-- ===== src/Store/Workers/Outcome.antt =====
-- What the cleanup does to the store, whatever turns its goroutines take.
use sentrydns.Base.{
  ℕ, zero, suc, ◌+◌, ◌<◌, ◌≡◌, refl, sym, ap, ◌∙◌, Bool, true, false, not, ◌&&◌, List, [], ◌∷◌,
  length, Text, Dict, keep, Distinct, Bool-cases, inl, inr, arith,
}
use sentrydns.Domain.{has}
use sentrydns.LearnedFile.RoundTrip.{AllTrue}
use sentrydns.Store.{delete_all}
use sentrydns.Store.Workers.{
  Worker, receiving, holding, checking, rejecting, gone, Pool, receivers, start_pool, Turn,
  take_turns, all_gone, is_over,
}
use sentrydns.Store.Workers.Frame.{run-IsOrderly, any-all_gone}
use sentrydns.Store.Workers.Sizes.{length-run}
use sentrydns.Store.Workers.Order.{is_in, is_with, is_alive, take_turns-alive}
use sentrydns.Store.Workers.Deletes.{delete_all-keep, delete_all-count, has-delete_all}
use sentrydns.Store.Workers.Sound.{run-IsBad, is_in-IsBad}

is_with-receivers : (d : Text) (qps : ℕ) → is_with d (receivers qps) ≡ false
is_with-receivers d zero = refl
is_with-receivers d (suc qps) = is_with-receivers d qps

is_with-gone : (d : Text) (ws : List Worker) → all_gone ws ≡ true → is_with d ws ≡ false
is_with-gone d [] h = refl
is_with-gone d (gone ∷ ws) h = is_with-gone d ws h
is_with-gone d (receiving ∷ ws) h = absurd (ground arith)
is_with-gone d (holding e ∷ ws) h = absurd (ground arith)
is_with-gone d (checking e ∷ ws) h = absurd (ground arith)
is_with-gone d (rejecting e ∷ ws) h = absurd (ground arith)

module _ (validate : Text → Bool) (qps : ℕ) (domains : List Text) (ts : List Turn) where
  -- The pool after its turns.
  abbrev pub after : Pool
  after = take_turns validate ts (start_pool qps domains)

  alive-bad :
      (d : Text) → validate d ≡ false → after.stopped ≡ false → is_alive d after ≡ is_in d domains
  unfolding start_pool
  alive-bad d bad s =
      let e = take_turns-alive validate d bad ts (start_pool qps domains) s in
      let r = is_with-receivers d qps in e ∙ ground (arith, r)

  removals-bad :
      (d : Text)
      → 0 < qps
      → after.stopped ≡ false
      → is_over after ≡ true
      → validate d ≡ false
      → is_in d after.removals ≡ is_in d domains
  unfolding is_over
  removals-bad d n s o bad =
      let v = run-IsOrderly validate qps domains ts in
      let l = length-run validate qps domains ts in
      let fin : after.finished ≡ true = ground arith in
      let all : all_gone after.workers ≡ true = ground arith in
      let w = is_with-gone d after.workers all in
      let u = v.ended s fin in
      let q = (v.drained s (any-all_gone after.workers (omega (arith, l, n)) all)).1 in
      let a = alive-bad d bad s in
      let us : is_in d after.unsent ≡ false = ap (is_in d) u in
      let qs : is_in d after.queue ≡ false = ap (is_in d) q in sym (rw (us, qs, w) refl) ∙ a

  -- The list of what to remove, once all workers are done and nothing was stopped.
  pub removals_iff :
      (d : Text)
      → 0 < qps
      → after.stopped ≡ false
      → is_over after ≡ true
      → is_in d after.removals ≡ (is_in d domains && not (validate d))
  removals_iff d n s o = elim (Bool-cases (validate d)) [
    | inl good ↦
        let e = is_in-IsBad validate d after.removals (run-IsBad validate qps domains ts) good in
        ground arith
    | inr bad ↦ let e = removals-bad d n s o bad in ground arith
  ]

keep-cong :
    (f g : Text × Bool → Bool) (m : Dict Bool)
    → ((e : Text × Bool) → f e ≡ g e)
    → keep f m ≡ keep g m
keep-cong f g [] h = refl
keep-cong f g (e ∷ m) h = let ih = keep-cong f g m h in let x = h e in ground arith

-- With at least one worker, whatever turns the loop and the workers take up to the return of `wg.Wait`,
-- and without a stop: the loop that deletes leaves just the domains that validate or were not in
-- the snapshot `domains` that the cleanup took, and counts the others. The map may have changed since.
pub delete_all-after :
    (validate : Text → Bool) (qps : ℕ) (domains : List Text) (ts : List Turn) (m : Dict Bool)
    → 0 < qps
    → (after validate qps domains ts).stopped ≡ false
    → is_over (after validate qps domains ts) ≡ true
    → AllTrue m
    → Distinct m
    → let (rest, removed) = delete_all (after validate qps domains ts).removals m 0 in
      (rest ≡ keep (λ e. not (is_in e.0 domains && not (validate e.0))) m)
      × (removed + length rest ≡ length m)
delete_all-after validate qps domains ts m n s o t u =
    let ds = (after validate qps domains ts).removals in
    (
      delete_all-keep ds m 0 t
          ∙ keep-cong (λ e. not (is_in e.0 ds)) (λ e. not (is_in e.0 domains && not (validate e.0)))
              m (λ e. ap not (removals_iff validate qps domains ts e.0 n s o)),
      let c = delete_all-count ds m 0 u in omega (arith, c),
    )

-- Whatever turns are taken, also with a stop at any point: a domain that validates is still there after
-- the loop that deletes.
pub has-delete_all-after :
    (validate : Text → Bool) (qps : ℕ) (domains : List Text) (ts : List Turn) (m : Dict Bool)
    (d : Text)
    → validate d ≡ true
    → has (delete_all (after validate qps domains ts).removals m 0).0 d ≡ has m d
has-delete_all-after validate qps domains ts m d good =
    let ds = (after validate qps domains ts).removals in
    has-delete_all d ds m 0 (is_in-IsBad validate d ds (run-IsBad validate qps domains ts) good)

• Activity:
When a line in the listing above holds the word "IsOrderly", copy it.

• Your solution:
use sentrydns.Store.Workers.Frame.{run-IsOrderly, any-all_gone}
      let v = run-IsOrderly validate qps domains ts in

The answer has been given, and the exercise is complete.